Recorded information START

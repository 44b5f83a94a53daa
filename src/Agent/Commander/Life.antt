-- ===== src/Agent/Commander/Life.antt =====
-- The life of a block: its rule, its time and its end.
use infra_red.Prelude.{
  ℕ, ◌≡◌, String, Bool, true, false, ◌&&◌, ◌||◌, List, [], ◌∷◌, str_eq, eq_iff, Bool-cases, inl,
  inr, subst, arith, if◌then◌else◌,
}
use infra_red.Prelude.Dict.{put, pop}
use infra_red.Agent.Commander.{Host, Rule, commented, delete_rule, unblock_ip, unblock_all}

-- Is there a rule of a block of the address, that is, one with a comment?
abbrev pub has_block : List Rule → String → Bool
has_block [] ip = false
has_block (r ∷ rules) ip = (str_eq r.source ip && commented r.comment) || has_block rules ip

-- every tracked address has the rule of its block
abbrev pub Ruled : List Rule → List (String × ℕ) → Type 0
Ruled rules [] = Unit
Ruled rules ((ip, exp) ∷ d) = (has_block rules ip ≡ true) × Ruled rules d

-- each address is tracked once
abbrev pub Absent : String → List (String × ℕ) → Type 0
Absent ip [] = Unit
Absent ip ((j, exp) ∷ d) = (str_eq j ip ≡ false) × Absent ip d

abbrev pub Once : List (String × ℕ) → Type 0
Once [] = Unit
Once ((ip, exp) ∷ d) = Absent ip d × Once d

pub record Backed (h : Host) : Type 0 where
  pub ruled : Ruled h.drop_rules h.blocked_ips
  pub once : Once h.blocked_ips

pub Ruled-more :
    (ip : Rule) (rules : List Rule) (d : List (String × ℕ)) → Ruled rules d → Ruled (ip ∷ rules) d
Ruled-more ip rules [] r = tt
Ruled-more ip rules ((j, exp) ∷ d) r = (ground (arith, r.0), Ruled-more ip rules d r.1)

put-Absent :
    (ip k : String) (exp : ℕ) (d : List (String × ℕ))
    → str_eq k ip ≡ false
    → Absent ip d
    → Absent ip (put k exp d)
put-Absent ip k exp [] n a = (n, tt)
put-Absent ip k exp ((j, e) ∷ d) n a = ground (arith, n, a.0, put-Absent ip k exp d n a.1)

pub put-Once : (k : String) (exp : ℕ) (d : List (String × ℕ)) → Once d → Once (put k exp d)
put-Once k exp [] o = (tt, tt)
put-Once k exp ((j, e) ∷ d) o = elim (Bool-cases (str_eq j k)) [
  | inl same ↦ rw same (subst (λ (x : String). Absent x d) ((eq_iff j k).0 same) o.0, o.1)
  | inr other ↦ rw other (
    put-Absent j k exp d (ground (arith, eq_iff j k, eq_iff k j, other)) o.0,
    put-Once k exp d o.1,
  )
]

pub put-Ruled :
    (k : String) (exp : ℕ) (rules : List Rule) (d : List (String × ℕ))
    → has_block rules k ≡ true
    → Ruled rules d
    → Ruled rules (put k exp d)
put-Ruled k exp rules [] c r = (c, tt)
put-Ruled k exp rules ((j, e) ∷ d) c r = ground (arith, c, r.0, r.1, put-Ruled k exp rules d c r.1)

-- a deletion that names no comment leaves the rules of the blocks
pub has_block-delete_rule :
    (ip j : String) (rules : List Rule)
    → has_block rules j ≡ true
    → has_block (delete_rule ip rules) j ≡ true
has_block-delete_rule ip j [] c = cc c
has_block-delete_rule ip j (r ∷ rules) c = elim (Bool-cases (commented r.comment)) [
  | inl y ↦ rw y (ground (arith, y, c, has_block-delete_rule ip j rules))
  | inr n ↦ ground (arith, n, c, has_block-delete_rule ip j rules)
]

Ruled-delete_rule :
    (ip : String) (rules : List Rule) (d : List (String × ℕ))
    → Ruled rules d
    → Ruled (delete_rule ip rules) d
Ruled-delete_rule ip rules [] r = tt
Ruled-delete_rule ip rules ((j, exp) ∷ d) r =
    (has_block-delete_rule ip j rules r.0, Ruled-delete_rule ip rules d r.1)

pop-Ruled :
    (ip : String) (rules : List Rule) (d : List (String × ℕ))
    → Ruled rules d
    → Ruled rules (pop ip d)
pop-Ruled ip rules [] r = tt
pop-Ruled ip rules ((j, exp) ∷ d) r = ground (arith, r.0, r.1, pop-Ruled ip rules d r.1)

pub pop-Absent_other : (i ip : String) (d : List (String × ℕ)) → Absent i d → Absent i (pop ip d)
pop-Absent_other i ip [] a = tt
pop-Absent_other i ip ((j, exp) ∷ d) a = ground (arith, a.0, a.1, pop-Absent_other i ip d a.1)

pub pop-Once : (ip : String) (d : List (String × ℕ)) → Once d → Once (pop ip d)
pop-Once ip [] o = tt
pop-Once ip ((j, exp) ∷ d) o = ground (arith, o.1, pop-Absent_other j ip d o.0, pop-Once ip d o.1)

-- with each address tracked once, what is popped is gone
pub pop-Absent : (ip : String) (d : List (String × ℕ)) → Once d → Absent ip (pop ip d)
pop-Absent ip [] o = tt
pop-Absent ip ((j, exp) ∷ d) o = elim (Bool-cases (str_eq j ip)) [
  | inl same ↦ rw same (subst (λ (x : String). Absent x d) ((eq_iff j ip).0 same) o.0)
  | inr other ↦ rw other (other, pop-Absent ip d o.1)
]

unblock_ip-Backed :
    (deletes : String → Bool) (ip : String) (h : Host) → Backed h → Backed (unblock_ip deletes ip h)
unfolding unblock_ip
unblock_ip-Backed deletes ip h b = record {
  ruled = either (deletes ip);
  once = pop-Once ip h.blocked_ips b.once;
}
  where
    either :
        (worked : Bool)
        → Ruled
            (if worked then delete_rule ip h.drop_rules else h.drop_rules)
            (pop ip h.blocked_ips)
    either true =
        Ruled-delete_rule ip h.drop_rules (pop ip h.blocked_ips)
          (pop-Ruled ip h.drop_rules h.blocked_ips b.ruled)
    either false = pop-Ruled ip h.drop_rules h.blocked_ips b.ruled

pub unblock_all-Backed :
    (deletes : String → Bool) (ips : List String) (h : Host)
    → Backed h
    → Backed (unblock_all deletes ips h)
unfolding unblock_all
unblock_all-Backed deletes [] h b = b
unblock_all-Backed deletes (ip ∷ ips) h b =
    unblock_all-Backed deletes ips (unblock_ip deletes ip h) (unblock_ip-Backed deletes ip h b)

Recorded information END
Recorded information START

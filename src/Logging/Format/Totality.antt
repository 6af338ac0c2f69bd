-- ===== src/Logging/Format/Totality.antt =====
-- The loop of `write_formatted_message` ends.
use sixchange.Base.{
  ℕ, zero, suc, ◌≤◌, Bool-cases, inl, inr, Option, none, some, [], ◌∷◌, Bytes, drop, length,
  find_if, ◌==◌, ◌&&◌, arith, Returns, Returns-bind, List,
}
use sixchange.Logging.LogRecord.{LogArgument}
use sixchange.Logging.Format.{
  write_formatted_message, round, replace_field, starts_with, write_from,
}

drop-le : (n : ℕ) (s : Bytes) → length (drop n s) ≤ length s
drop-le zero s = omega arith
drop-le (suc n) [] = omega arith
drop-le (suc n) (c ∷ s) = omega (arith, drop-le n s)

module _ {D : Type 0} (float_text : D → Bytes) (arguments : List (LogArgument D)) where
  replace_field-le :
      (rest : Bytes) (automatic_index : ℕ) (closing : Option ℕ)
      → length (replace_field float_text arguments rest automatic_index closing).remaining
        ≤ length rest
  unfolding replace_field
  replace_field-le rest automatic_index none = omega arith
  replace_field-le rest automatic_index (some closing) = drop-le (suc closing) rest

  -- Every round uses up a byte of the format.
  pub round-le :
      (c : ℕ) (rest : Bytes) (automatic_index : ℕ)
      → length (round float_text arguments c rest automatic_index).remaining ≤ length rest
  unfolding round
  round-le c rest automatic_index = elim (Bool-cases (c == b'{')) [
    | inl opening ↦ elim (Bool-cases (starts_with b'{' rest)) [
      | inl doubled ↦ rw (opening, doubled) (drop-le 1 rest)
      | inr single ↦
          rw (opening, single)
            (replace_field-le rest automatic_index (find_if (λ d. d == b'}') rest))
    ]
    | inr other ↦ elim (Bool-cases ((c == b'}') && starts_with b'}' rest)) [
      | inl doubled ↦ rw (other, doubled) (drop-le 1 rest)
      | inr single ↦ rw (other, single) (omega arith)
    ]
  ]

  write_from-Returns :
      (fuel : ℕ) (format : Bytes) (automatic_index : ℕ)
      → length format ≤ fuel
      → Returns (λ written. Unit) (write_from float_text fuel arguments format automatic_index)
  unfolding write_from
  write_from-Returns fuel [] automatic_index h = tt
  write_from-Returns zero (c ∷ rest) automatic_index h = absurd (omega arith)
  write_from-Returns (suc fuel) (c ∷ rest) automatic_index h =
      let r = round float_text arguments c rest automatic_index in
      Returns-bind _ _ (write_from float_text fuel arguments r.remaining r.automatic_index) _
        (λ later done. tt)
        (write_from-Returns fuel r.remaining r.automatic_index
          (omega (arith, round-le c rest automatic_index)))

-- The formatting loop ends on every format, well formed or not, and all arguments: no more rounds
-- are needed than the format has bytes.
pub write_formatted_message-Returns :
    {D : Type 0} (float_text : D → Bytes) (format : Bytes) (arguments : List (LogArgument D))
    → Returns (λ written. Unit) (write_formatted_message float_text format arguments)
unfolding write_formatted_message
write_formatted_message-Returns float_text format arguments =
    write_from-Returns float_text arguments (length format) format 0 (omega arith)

Recorded information END

→ **What the exercise asks**
Among the records above, extract exactly the lines from the line with "-- The formatting" to the line with "write_from-Returns float_text arguments", both lines included, and leave out the rest.

→ **Solution for this exercise**
-- The formatting loop ends on every format, well formed or not, and all arguments: no more rounds
-- are needed than the format has bytes.
pub write_formatted_message-Returns :
    {D : Type 0} (float_text : D → Bytes) (format : Bytes) (arguments : List (LogArgument D))
    → Returns (λ written. Unit) (write_formatted_message float_text format arguments)
unfolding write_formatted_message
write_formatted_message-Returns float_text format arguments =
    write_from-Returns float_text arguments (length format) format 0 (omega arith)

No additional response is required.